** Opening RECORD EXCERPTS block **

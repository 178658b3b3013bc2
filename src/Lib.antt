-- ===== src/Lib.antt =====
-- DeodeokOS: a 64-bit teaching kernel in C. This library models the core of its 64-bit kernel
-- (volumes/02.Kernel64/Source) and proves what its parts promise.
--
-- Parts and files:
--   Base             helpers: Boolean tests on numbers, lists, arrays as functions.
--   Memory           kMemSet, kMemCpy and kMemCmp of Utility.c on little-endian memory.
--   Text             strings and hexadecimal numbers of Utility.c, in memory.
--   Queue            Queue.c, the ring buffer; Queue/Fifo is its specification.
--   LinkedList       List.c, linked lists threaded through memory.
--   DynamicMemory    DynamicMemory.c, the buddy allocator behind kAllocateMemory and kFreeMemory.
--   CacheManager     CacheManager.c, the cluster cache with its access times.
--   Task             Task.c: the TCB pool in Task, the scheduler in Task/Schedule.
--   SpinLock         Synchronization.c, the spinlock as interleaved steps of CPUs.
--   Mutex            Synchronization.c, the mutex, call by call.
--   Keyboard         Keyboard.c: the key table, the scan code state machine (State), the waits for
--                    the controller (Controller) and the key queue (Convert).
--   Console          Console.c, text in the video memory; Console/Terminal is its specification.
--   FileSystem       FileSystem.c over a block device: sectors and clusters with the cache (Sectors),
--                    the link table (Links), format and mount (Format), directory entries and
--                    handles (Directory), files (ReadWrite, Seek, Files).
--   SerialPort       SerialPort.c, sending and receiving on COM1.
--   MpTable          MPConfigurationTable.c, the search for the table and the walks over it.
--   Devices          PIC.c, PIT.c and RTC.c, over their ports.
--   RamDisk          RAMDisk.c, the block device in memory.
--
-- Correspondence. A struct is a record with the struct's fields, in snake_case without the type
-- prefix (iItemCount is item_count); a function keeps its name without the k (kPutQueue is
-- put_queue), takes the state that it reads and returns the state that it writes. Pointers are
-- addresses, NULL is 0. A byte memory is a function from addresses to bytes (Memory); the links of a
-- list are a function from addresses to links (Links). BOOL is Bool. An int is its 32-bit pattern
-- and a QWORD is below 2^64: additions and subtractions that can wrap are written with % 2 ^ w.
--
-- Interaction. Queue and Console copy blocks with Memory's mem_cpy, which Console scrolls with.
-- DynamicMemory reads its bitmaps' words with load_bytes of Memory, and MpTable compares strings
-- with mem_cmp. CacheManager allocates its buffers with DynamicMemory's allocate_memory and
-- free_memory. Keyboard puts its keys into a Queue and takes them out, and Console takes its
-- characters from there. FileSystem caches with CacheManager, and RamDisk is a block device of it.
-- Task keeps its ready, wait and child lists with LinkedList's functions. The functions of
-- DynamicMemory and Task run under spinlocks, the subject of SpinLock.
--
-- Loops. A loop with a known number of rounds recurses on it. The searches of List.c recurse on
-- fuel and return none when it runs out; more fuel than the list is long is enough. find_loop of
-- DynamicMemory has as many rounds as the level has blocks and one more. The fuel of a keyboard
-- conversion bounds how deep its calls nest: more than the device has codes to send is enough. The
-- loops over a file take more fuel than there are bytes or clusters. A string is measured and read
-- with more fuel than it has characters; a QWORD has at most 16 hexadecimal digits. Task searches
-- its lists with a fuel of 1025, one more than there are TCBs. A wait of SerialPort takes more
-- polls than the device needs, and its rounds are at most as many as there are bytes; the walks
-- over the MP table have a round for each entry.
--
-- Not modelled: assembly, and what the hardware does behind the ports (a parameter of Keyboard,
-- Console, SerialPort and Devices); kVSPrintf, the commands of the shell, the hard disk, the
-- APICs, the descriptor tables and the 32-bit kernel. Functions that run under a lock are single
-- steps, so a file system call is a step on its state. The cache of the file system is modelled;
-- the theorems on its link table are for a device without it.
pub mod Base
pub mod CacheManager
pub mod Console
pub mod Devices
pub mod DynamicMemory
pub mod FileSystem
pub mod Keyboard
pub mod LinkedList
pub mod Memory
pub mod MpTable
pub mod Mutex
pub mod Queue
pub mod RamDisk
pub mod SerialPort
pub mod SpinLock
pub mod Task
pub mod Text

** Closing RECORD EXCERPTS block **

Would you filter the records and copy each line that contains the word "most"?

WRITTEN REPLY
-- with more fuel than it has characters; a QWORD has at most 16 hexadecimal digits. Task searches
-- polls than the device needs, and its rounds are at most as many as there are bytes; the walks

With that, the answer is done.